Launchorasince 2014
← Stories

Why They Left

I used to believe that no matter how fucked up I was, I would still meet the right person for me; that even if I couldn't love myself, someone would do it for me. Now I understand why all the boys I loved before broke my heart. Now I know why they didn't stay to keep on loving someone like me.

They all left because I gave all the love I had and didn't spare anything for myself. It was beyond bliss, of course, to love someone so much and be loved back. I gave all my light– my sun, moon and stars. I gave everything because I thought it would be enough to make them stay. I poured into them all the best in me and leave myself with my worst demons. I thought loving someone meant I could only give off the pleasant and beautiful things I could offer. I thought I was not allowed to disappoint them; to hurt them; to fail them. I thought I was not allowed to show them how fucked up I was, so I kept it to myself instead. My body became Hades' world and he ruled inside with all the parts of me that didn't deserve Zeus' kingdom.

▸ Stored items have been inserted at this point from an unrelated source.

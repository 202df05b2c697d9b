-- ===== src/Preprocess/Rows.antt =====
-- partition/preprocess/criteoTB_script/merge_result.cpp: the merged file, by its rows of new numbers.
use max_embed.Prelude.{
  ℕ, suc, ◌+◌, ◌-◌, ◌≡◌, refl, sym, ap, subst, ◌∙◌, List, [], ◌∷◌, ◌++◌, arith, map, length,
  length-append, take,
}
use max_embed.Words.Laws.{take-append, drop-append}
use max_embed.Queries.{Collected, collect, write_queries}
use max_embed.Preprocess.Merge.{
  Reindexer, reindex_key, reindex, Merging, merge_record, merge_file, merge_files, total_rec, start,
  merge_result,
}
use max_embed.Preprocess.Files.{record_words, file_of}

-- The records that are merged one after the other.
abbrev pub merge_all : List (List ℕ) → Merging → Merging
merge_all [] m = m
merge_all (keys ∷ records) m = merge_all records (merge_record keys m)

abbrev pub records_of : List (List (List ℕ)) → List (List ℕ)
records_of [] = []
records_of (records ∷ files) = records ++ records_of files

merge_file-records :
    (records : List (List ℕ)) (m : Merging)
    → merge_file (length records) (record_words records) m ≡ merge_all records m
unfolding merge_file
merge_file-records [] m = refl
merge_file-records (keys ∷ records) m =
    ap
      (λ file.
        merge_file (length records) file
          (merge_record (take (length keys) (keys ++ record_words records)) m))
      (drop-append keys (record_words records) (length keys) refl)
    ∙ ap (λ ks. merge_file (length records) (record_words records) (merge_record ks m))
        (take-append keys (record_words records) (length keys) refl)
    ∙ merge_file-records records (merge_record keys m)

merge_all-append :
    (xs ys : List (List ℕ)) (m : Merging) → merge_all (xs ++ ys) m ≡ merge_all ys (merge_all xs m)
merge_all-append [] ys m = refl
merge_all-append (x ∷ xs) ys m = merge_all-append xs ys (merge_record x m)

merge_files-records :
    (files : List (List (List ℕ))) (m : Merging)
    → merge_files (map file_of files) m ≡ merge_all (records_of files) m
unfolding merge_files
merge_files-records [] m = refl
merge_files-records (records ∷ files) m =
    merge_files-records files (merge_file (length records) (record_words records) m)
    ∙ ap (merge_all (records_of files)) (merge_file-records records m)
    ∙ sym (merge_all-append records (records_of files) m)

total_rec-records :
    (files : List (List (List ℕ))) → total_rec (map file_of files) ≡ length (records_of files)
unfolding total_rec
total_rec-records [] = refl
total_rec-records (records ∷ files) =
    omega (arith, total_rec-records files, length-append records (records_of files))

-- The rows of new numbers.
abbrev pub reindex_all : List (List ℕ) → Reindexer → List (List ℕ) × Reindexer
reindex_all [] r = ([], r)
reindex_all (keys ∷ records) r =
    let (row, r') = reindex keys r in let (rows, r'') = reindex_all records r' in (row ∷ rows, r'')

length-reindex : (keys : List ℕ) (r : Reindexer) → length (reindex keys r).0 ≡ length keys
unfolding reindex
length-reindex [] r = refl
length-reindex (k ∷ keys) r = ap suc (length-reindex keys (reindex_key k r).1)

pub length-reindex_all :
    (records : List (List ℕ)) (r : Reindexer) → length (reindex_all records r).0 ≡ length records
length-reindex_all [] r = refl
length-reindex_all (keys ∷ records) r = ap suc (length-reindex_all records (reindex keys r).1)

abbrev Agrees : Merging → Reindexer → Collected → Type 0
Agrees m r c = (m.new_data ≡ c.all_data) × (m.all_index ≡ c.index) × (m.reindexer ≡ r)

-- The index and the data grow as those of trans_query do for the rows.
pub merge_all-collect :
    (records : List (List ℕ)) (m : Merging)
    → m.sum ≡ length m.new_data
    → Agrees (merge_all records m) (reindex_all records m.reindexer).1 (
        collect
          (reindex_all records m.reindexer).0
          (record { all_data = m.new_data; index = m.all_index }))
unfolding collect merge_record
merge_all-collect [] m h = (refl, refl, refl)
merge_all-collect (keys ∷ records) m h =
    let row = (reindex keys m.reindexer).0 in
    let (rows, r) = reindex_all records (reindex keys m.reindexer).1 in
    let e : m.sum + length keys ≡ length (m.new_data ++ row) =
      omega (arith, h, length-append m.new_data row, length-reindex keys m.reindexer) in
    subst
      (λ n.
        Agrees (merge_all records (merge_record keys m)) r
          (collect rows (record { all_data = m.new_data ++ row; index = m.all_index ++ n ∷ [] })))
      e (merge_all-collect records (merge_record keys m) e)

length-index :
    (rows : List (List ℕ)) (c : Collected)
    → length (collect rows c).index ≡ length c.index + length rows
unfolding collect
length-index [] c = omega arith
length-index (row ∷ rows) c =
    let all_data = c.all_data ++ row in
    omega (
      arith,
      length-index rows (record { all_data = all_data; index = c.index ++ length all_data ∷ [] }),
      length-append c.index (length all_data ∷ []),
    )

-- merge_result writes the file that trans_query would write for the rows of new numbers.
pub merge_result-write_queries :
    (files : List (List (List ℕ)))
    → let (rows, r) = reindex_all (records_of files) start.reindexer in
      merge_result (map file_of files) ≡ write_queries r.node_cnt rows
unfolding merge_result write_queries start
merge_result-write_queries files =
    let (rows, r) = reindex_all (records_of files) start.reindexer in
    let c = collect rows (record { all_data = []; index = 0 ∷ [] }) in
    let (d, i, n) = merge_all-collect (records_of files) start refl in
    let total : total_rec (map file_of files) ≡ length c.index - 1 = omega (
      arith,
      total_rec-records files,
      length-index rows (record { all_data = []; index = 0 ∷ [] }),
      length-reindex_all (records_of files) start.reindexer,
    ) in
    rw (merge_files-records files start, d, i, n, total) refl
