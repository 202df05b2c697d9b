-- ===== src/Preprocess/Chain.antt =====
-- partition/preprocess/criteoTB_script and client/include/loader.h: the merged file as RequestReader
-- reads it.
use mathlib.Core.List.{append-nil, append_assoc, map-append}
use max_embed.Prelude.{
  ℕ, zero, suc, ◌+◌, ◌^◌, ◌≤◌, ◌<◌, ◌≡◌, refl, sym, ap, subst, ◌∙◌, List, [], ◌∷◌, ◌++◌, Option,
  none, some, arith, get_or, All, All-map, All-append, map, length, length-append, take, drop,
  count, count-append, length_of_count-le,
}
use max_embed.Queries.{open_reader, get}
use max_embed.Queries.RoundTrip.{keys_of_lines, get-write_queries}
use max_embed.Preprocess.{read_and_trans}
use max_embed.Preprocess.Files.{TextLine, IsRegular, text, numbers, file_of, read_and_trans-text}
use max_embed.Preprocess.Merge.{Reindexer, reindex, start, find_key, merge_result}
use max_embed.Preprocess.Names.{
  decode, decode-append, bound-append, IsNaming, IsNumbered, reindex-names,
}
use max_embed.Preprocess.Rows.{
  records_of, reindex_all, length-reindex_all, merge_result-write_queries,
}

length-map : (f : ℕ → ℕ) (xs : List ℕ) → length (map f xs) ≡ length xs
length-map f [] = refl
length-map f (x ∷ xs) = ap suc (length-map f xs)

map-take : {A B : Type 0} (f : A → B) (n : ℕ) (xs : List A) → map f (take n xs) ≡ take n (map f xs)
map-take f zero xs = refl
map-take f (suc n) [] = refl
map-take f (suc n) (x ∷ xs) = ap (λ ys. f x ∷ ys) (map-take f n xs)

map-drop : {A B : Type 0} (f : A → B) (n : ℕ) (xs : List A) → map f (drop n xs) ≡ drop n (map f xs)
map-drop f zero xs = refl
map-drop f (suc n) [] = refl
map-drop f (suc n) (x ∷ xs) = map-drop f n xs

decode-keys_of_lines :
    (names : List ℕ) (rows : List (List ℕ))
    → decode names (keys_of_lines rows) ≡ keys_of_lines (map (decode names) rows)
decode-keys_of_lines names [] = refl
decode-keys_of_lines names (row ∷ rows) =
    map-append _ row (keys_of_lines rows)
    ∙ ap (λ ks. decode names row ++ ks) (decode-keys_of_lines names rows)

All-left : (P : ℕ → Type 0) (xs ys : List ℕ) → All P (xs ++ ys) → All P xs
All-left P [] ys h = tt
All-left P (x ∷ xs) ys h = (h.0, All-left P xs ys h.1)

All-right : (P : ℕ → Type 0) (xs ys : List ℕ) → All P (xs ++ ys) → All P ys
All-right P [] ys h = h
All-right P (x ∷ xs) ys h = All-right P xs ys h.1

pub All_lines-take :
    (P : ℕ → Type 0) (n : ℕ) (rows : List (List ℕ))
    → All P (keys_of_lines rows)
    → All P (keys_of_lines (take n rows))
All_lines-take P zero rows h = tt
All_lines-take P (suc n) [] h = tt
All_lines-take P (suc n) (row ∷ rows) h =
    All-append _ row _ (All-left P row _ h) (All_lines-take P n rows (All-right P row _ h))

pub All_lines-drop :
    (P : ℕ → Type 0) (n : ℕ) (rows : List (List ℕ))
    → All P (keys_of_lines rows)
    → All P (keys_of_lines (drop n rows))
All_lines-drop P zero rows h = h
All_lines-drop P (suc n) [] h = tt
All_lines-drop P (suc n) (row ∷ rows) h = All_lines-drop P n rows (All-right P row _ h)

-- The rows of new numbers stand for the records, under the keys' names.
pub record IsRenamed (names : List ℕ) (records rows : List (List ℕ)) (r : Reindexer) : Type 0 where
  pub naming : IsNaming names r
  pub bound : All (λ i. i < length names) (keys_of_lines rows)
  pub decoded : map (decode names) rows ≡ records
  pub keys_cnt : length (keys_of_lines rows) ≡ length (keys_of_lines records)

renamed :
    (names m1 m2 keys : List ℕ) (records : List (List ℕ)) (row : List ℕ) (rows : List (List ℕ))
    (r1 r2 : Reindexer)
    → IsNumbered names m1 keys row r1
    → IsRenamed ((names ++ m1) ++ m2) records rows r2
    → IsRenamed (names ++ (m1 ++ m2)) (keys ∷ records) (row ∷ rows) r2
renamed names m1 m2 keys records row rows r1 r2 a b =
    subst (λ ns. IsRenamed ns (keys ∷ records) (row ∷ rows) r2) (append_assoc names m1 m2)
      (record {
        naming = b.naming;
        bound =
            All-append _ row (keys_of_lines rows) (bound-append (names ++ m1) m2 row a.bound)
              b.bound;
        decoded = rw (decode-append (names ++ m1) m2 row a.bound, a.decoded, b.decoded) refl;
        keys_cnt = omega (
          arith,
          b.keys_cnt,
          length-append row (keys_of_lines rows),
          length-append keys (keys_of_lines records),
          ap length a.decoded,
          length-map (λ i. get_or ((names ++ m1)) i 0) row,
        );
      })

reindex_all-names :
    (names : List ℕ) (records : List (List ℕ)) (r : Reindexer)
    → IsNaming names r
    → length names + length (keys_of_lines records) < 2 ^ 32
    → (more : List ℕ) × ((k : ℕ) → count k more ≤ count k (keys_of_lines records))
      × IsRenamed (names ++ more) records (reindex_all records r).0 (reindex_all records r).1
reindex_all-names names [] r n small = (
  [],
  λ k. omega arith,
  record {
    naming = subst (λ ns. IsNaming ns r) (sym (append-nil names)) n;
    bound = tt;
    decoded = refl;
    keys_cnt = refl;
  },
)
reindex_all-names names (keys ∷ records) r n small =
    let (m1, a) =
      reindex-names names keys r n (omega (arith, length-append keys (keys_of_lines records))) in
    let one = length_of_count-le m1 keys a.seen in
    let (m2, seen, b) =
      reindex_all-names (names ++ m1) records (reindex keys r).1 a.naming
        (omega (arith, one, length-append names m1, length-append keys (keys_of_lines records))) in
    (
      m1 ++ m2,
      λ k. omega (
        arith,
        a.seen k,
        seen k,
        count-append k m1 m2,
        count-append k keys (keys_of_lines records),
      ),
      renamed names m1 m2 keys records _ _ _ _ a b,
    )

-- read_and_trans, run for each text.
unfoldable pub read_all : List (List (List ℕ)) → Option (List (List ℕ))
read_all [] = some []
read_all (lines ∷ texts) = elim (read_and_trans lines) [
  | none ↦ none
  | some file ↦ elim (read_all texts) [ none ↦ none | some files ↦ some (file ∷ files) ]
]

read_all-text :
    (texts : List (List TextLine))
    → All (All IsRegular) texts
    → read_all (map (map text) texts) ≡ some (map file_of (map (map numbers) texts))
unfolding read_all
read_all-text [] h = refl
read_all-text (lines ∷ texts) h =
    rw (read_and_trans-text lines h.0, read_all) (rw (read_all-text texts h.1) refl)

first : IsNaming [] start.reindexer
unfolding start find_key
first = record { size = refl; known = λ k v e. cc; unknown = λ k e. refl; once = λ k. omega arith }

abbrev pub records_in : List (List TextLine) → List (List ℕ)
records_in texts = records_of (map (map numbers) texts)

-- Texts of lines with fourteen fields and then hexadecimal fields, of at most 26 numbers that are not
-- zero each, fewer than 2 ^ 32 numbers in all and
-- fewer than 2 ^ 63 lines: read_and_trans and merge_result do not fail, and in the file that they make
-- RequestReader finds as many queries as there are lines and as many items as there are different
-- numbers, each of which occurs; the keys that get returns are below the number of items, and stand,
-- by a list without repetition, for the numbers of the lines from the i-th on.
pub merged_query :
    (texts : List (List TextLine)) (i batch_size : ℕ)
    → All (All IsRegular) texts
    → length (keys_of_lines (records_in texts)) < 2 ^ 32
    → length (records_in texts) < 2 ^ 63
    → i ≤ length (records_in texts)
    → (files : List (List ℕ)) × (names : List ℕ) × (read_all (map (map text) texts) ≡ some files)
      × (let r = open_reader (merge_result files) in
          (r.index_len ≡ length (records_in texts))
          × (r.item_cnt ≡ length names)
          × All (λ k. k < length names) (get r i batch_size)
          × (decode names (get r i batch_size)
              ≡ keys_of_lines (take batch_size (drop i (records_in texts)))))
      × ((k : ℕ) → count k names ≤ 1)
      × ((k : ℕ) → count k names ≤ count k (keys_of_lines (records_in texts)))
merged_query texts i batch_size regular few lines h =
    let files = map (map numbers) texts in
    let records = records_of files in
    let (names, seen, renamed) =
      reindex_all-names [] records start.reindexer first (omega (arith, few)) in
    let (rows, r) = reindex_all records start.reindexer in
    let cnt = length-reindex_all records start.reindexer in
    let names_few = length_of_count-le names (keys_of_lines records) seen in
    let small = All-map (keys_of_lines rows) (λ k l. omega (arith, l, names_few)) renamed.bound in
    let (n, m, _, batch) =
      get-write_queries r.node_cnt rows i batch_size small (omega (arith, renamed.keys_cnt))
        (omega (arith, cnt)) (omega (arith, renamed.naming.size, names_few)) (omega (arith, cnt)) in
    (
      map file_of files,
      names,
      read_all-text texts regular,
      rw (merge_result-write_queries files) (
        n ∙ cnt,
        m ∙ renamed.naming.size,
        subst (All (λ k. k < length names)) (sym batch)
            (All_lines-take _ batch_size (drop i rows) (All_lines-drop _ i rows renamed.bound)),
        ap (decode names) batch
            ∙ decode-keys_of_lines names (take batch_size (drop i rows))
            ∙ ap keys_of_lines (
                map-take (decode names) batch_size (drop i rows)
                ∙ ap (take batch_size)
                    (map-drop (decode names) i rows ∙ ap (drop i) renamed.decoded)),
      ),
      renamed.naming.once,
      seen,
    )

I used to believe that people would not see my sadness if I give them happiness. I used to believe that the persons I love would not know how broken I am inside if I love them wholeheartedly. I was wrong. They eventually saw that they were with someone so unloveable; someone so empty. They left me and found another who never lost the fire; someone who never lost herself.

See? No one would stay if you empty yourself for other people. No one would love you if you wouldn't love yourself first. It's time to let go of that flaw; of that insecurity; of that fear; of that nightmare; of everything that's keeping you from celebrating your best self. It's time to let the sun shine inside you and for sure, the planets would turn to orbit around you for their dear life.